Sr. Data Engineer (Python, Data Pipelines, AWS)
CytoTronics
CytoTronics is seeking a highly motivated and experienced Senior Data Engineer with a background in designing and building highly parallelized data processing pipelines. As a member of a small and dynamic team, the ideal candidate will have experience with a variety of data engineering tools and a passion for working closely with cross-functional teams to deliver scalable, efficient, and impactful data solutions.
Who We Are
CytoTronics is disrupting the traditional drug discovery process. Spinning out from Harvard after a decade of research, our proprietary semiconductor-cell interface can deliver high-dimensional functional assessment of live-cell responses at scale.
The Pixel™ family of cloud-enabled cell-plate readers enable high-resolution, multiplexed, real-time assessment of live-cell characteristics, which provide deeper understanding of how chemical or genetic perturbations affect cell function.
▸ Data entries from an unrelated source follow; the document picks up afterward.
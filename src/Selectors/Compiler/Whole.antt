-- ===== src/Selectors/Compiler/Whole.antt =====
-- compile: the whole program of a tree.
use mathlib.Core.Option
use mathlib.Core.Path.{subst}
use lol_html.Base.Outcome.{ok, ◌>>=◌, ok-injective, bind-eq-ok}
use lol_html.Prelude.{
  ℕ, zero, suc, ◌+◌, ◌≤◌, ◌<◌, ◌≡◌, refl, sym, ap, ◌∙◌, inl, inr, Bool, false, List, [], ◌∷◌,
  Option, none, some, length, get_elem?, arith, ltb, ltb→lt, ltb→le, Bool-cases,
}
use lol_html.Selectors.Ast.Counting.{count_nodes}
use lol_html.Selectors.Ast.{Predicate, AstNodes, ast_node, no_nodes, node_and, Ast}
use lol_html.Selectors.Compiler.Filling.{reserve-fits, compile_in-Compiled}
use lol_html.Selectors.Compiler.Placing.{Slots, length_nodes-le, Within, Placed, Placed-same}
use lol_html.Selectors.Compiler.{
  Compiler, length_nodes, unwrap_all, empty_slots, compile_in, compile_nodes, compile,
}
use lol_html.Selectors.Program.{ExecutionBranch, Instruction, Program}

length-empty_slots : (P : Type 0) (n : ℕ) → length (empty_slots {P = P} n) ≡ n
length-empty_slots P zero = refl
length-empty_slots P (suc n) = ap suc (length-empty_slots P n)

module _ {P : Type 0} where
  -- A slot with an instruction in it.
  abbrev Filled : Option (Option (Instruction P)) → Type 0
  Filled slot = (x : Instruction P) × (slot ≡ some (some x))

  -- What a program's address holds, as its slot did.
  abbrev pub slot_of : List (Instruction P) → ℕ → Option (Option (Instruction P))
  slot_of instructions i = Option.map some (get_elem? instructions i)

  unwrap_all-Filled :
      (slots : Slots P)
      → ((i : ℕ) → i < length slots → Filled (get_elem? slots i))
      → (instructions : List (Instruction P)) × (unwrap_all slots ≡ ok instructions)
        × ((i : ℕ) → slot_of instructions i ≡ get_elem? slots i)
  unfolding unwrap_all ◌>>=◌
  unwrap_all-Filled [] h = ([], refl, λ i. refl)
  unwrap_all-Filled (none ∷ slots) h = let (x, e) = h 0 (omega arith) in absurd cc
  unwrap_all-Filled (some x ∷ slots) h =
      let (instructions, e, same) = unwrap_all-Filled slots (λ i lt. h (suc i) (omega arith)) in
      (x ∷ instructions, rw e refl, kept x instructions slots same)
    where
      kept :
          (x : Instruction P) (instructions : List (Instruction P)) (slots : Slots P)
          → ((i : ℕ) → slot_of instructions i ≡ get_elem? slots i)
          → (i : ℕ) → slot_of (x ∷ instructions) i ≡ get_elem? (some x ∷ slots) i
      kept x instructions slots same zero = refl
      kept x instructions slots same (suc i) = same i

  length-unwrap_all :
      (slots : Slots P) (instructions : List (Instruction P))
      → unwrap_all slots ≡ ok instructions
      → length instructions ≡ length slots
  unfolding unwrap_all ◌>>=◌
  length-unwrap_all [] instructions e = ap length (sym (ok-injective e))
  length-unwrap_all (none ∷ slots) instructions e = absurd cc
  length-unwrap_all (some x ∷ slots) instructions e =
      let (is, e₁, e₂) = bind-eq-ok (unwrap_all slots) _ e in
      rw (← ok-injective e₂) (ap suc (length-unwrap_all slots is e₁))

  module _ (compile_one : Predicate → ExecutionBranch P → Instruction P) where
    -- An address between two bounds is one of the nodes or of those below.
    Within-bounds :
        (free : ℕ) (nodes : AstNodes P) (i : ℕ)
        → free ≤ i
        → i < free + count_nodes nodes
        → Within free (free + length_nodes nodes) nodes i
    Within-bounds free nodes i ge lt =
        let le = length_nodes-le nodes in
        elim (Bool-cases (ltb i (free + length_nodes nodes))) [
          | inl t ↦ inl (ge, ltb→lt i (free + length_nodes nodes) t)
          | inr f ↦
              let ge' = ltb→le i (free + length_nodes nodes) f in inr (ge', omega (arith, lt, le))
        ]

    -- No address of the nodes is left empty.
    Placed-Filled :
        (at : ℕ → Option (Option (Instruction P))) (position free : ℕ) (nodes : AstNodes P)
        → Placed compile_one at position free nodes
        → (i : ℕ) → Within position free nodes i
        → Filled (at i)
    unfolding Placed count_nodes
    Placed-Filled at position free no_nodes h i (inl (a, b)) = absurd (omega arith)
    Placed-Filled at position free no_nodes h i (inr (a, b)) = absurd (omega arith)
    Placed-Filled at position free (node_and (ast_node p c d l) nodes) (here, hc, hd, hn) i
          (inl (a, b)) =
        elim (Bool-cases (ltb position i)) [
          | inl t ↦
              let lt = ltb→lt position i t in
              Placed-Filled at (position + 1) _ nodes hn i (inl (omega arith, omega arith))
          | inr f ↦
              let le = ltb→le position i f in
              let e : i ≡ position = omega arith in (_, ap at e ∙ here)
        ]
    Placed-Filled at position free (node_and (ast_node p c d l) nodes) (here, hc, hd, hn) i
          (inr (a, b)) =
        let ln = length_nodes-le nodes in
        elim (Bool-cases (ltb i (free + count_nodes c))) [
          | inl t ↦
              let lt = ltb→lt i (free + count_nodes c) t in
              Placed-Filled at free _ c hc i (Within-bounds free c i a lt)
          | inr f ↦
              let ge = ltb→le i (free + count_nodes c) f in
              elim (Bool-cases (ltb i (free + count_nodes c + count_nodes d))) [
                | inl t' ↦
                    let lt = ltb→lt i (free + count_nodes c + count_nodes d) t' in
                    Placed-Filled at (free + count_nodes c) _ d hd i
                      (Within-bounds (free + count_nodes c) d i ge lt)
                | inr f' ↦
                    let ge' = ltb→le i (free + count_nodes c + count_nodes d) f' in
                    Placed-Filled at (position + 1) _ nodes hn i (inr (ge', omega (arith, b, ln)))
              ]
        ]

    module _ (counts : Predicate → Bool) where
      compile-step :
          (ast : Ast P) (c : Compiler P) (instructions : List (Instruction P))
          → compile_in compile_one counts ast.root 0 (record {
            instructions = empty_slots ast.cumulative_node_count;
            free_space_start = length_nodes ast.root;
            enable_nth_of_type = false;
          })
            ≡ ok c
          → length_nodes ast.root ≤ ast.cumulative_node_count
          → unwrap_all c.instructions ≡ ok instructions
          → compile compile_one counts ast
            ≡ ok (record {
              instructions = instructions;
              entry_points = record { start = 0; end = length_nodes ast.root };
              enable_nth_of_type = c.enable_nth_of_type;
            })
      unfolding compile compile_nodes ◌>>=◌
      compile-step ast c instructions e₁ le e₂ =
          let e : 0 + length_nodes ast.root ≡ length_nodes ast.root = omega arith in
          let fits =
            reserve-fits {P = P} (length_nodes ast.root)
              (record {
                instructions = empty_slots ast.cumulative_node_count;
                free_space_start = 0;
                enable_nth_of_type = false;
              })
              (omega (arith, le, length-empty_slots P ast.cumulative_node_count)) in
          rw (fits, e, e₁, e₂) refl

      -- A tree whose count is the number of its nodes compiles without a panic, however its predicates
      -- are compiled: the program has an instruction for every node and no other, its entry points are
      -- the roots, siblings lie side by side, and each instruction has its node's payload and the
      -- ranges of addresses where the instructions of its children and its descendants stand.
      pub compile-Placed :
          (ast : Ast P)
          → ast.cumulative_node_count ≡ count_nodes ast.root
          → (program : Program P) × (compile compile_one counts ast ≡ ok program)
            × (program.entry_points ≡ record { start = 0; end = length_nodes ast.root })
            × (length program.instructions ≡ count_nodes ast.root)
            × Placed compile_one (slot_of program.instructions) 0 (length_nodes ast.root) ast.root
      compile-Placed ast h =
          let le = length_nodes-le ast.root in
          let at_root : 0 + length_nodes ast.root ≡ length_nodes ast.root = omega arith in
          let size = length-empty_slots P ast.cumulative_node_count in
          let (c, e₁, (free, len, same, placed)) =
            compile_in-Compiled compile_one counts ast.root 0
              (record {
                instructions = empty_slots ast.cumulative_node_count;
                free_space_start = length_nodes ast.root;
                enable_nth_of_type = false;
              })
              (omega arith) (omega (arith, le, size, h)) in
          let (instructions, e₂, kept) = unwrap_all-Filled c.instructions (λ i lt.
            Placed-Filled _ 0 (length_nodes ast.root) ast.root placed i (
              subst (λ z. Within 0 z ast.root i) at_root
                (Within-bounds 0 ast.root i (omega arith) (omega (arith, lt, len, size, h))))) in
          (
            _,
            compile-step ast c instructions e₁ (omega (arith, le, h)) e₂,
            refl,
            length-unwrap_all c.instructions instructions e₂ ∙ len ∙ size ∙ h,
            Placed-same compile_one _ _ 0 (length_nodes ast.root) ast.root (λ i w. kept i) placed,
          )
The software team provides support to all activities at CytoTronics, from the embedded software to data analysis tools running in the cloud. As an early member of the software team, you will play a key role in shaping our data infrastructure, pipelines, and processing tools, enabling deeper biological insights at scale.
See this 90 second video to get a sense for our technology: Accelerating drug discovery with live cell insights at scale.
The Role
As a Senior Data Engineer at CytoTronics, you will be a hands-on contributor to designing and implementing scalable data pipelines that process large datasets generated by our instruments. You will work closely with the biology, data science, and front-end teams to ensure the seamless flow of data, from raw acquisition to advanced analysis.
You will contribute to our data science toolbox API, used by internal and external Data Scientists. You will interface with and contribute to the cloud backend that handles the multiple terabytes of data generated by our instruments and processed in our APIs.
In practice, you will be architecting and maintaining high-performance data pipelines that transform terabytes of raw data (e.g., images, videos, time-series measurements) into meaningful biological insights. You will collaborate with others in the software team to help design systems capable of handling the massive scale of our data operations.
Who You Are
- You are a seasoned data engineer with significant experience in designing and building data processing pipelines.
- You have a strong background in Python, with hands-on experience in libraries such as NumPy, Pandas, SciPy, scikit-learn.
- You thrive in a dynamic startup environment and enjoy solving complex data engineering challenges.
- You have experience with parallel computing frameworks like Dask or similar, and are comfortable working in distributed computing environments.
- You are proactive in optimizing data processes, identifying performance bottlenecks, and implementing creative solutions to ensure reliability and scalability.
- You have a deep understanding of data best practices, such as data validation, error handling, and performance monitoring.
- You are comfortable contributing to and being a part of DevOps activities and are adept at continuously improving CI/CD processes in the context of data infrastructure.
- You have the curiosity to go down the technology stack, identify where to be proactive, develop creative solutions, and improvements that have immediate impact.
- You are comfortable contributing to and being a part of DevOps activities and you have a knack for continuously improving the CI/CD process.
Key Requirements
- 7+ years of experience in building highly parallelized data processing pipelines using Python.
- Expertise in data manipulation, transformation, and visualization libraries (NumPy, Pandas, SciPy, scikit-learn, matplotlib, seaborn, TensorFlow, etc).
- Experience in distributed data processing with frameworks like Dask or similar.
- Strong understanding of cloud-based data storage, processing, and computing (AWS preferred).
Nice to Have
- Signal / Image Processing, Scientific Data Analysis, Bioinformatics, Data Visualization
- Software for scientific / analytical / imaging devices
- Cloud infrastructure DevOps, Docker, Kubernetes, Terraform, etc.
CytoTronics is an equal employment opportunity employer in Boston, United States. We offer competitive salary and equity compensation package. This role is full-time and out of our Boston South End office, with flexible in-person / work-from-home possibility. This role reports to the Head of Software.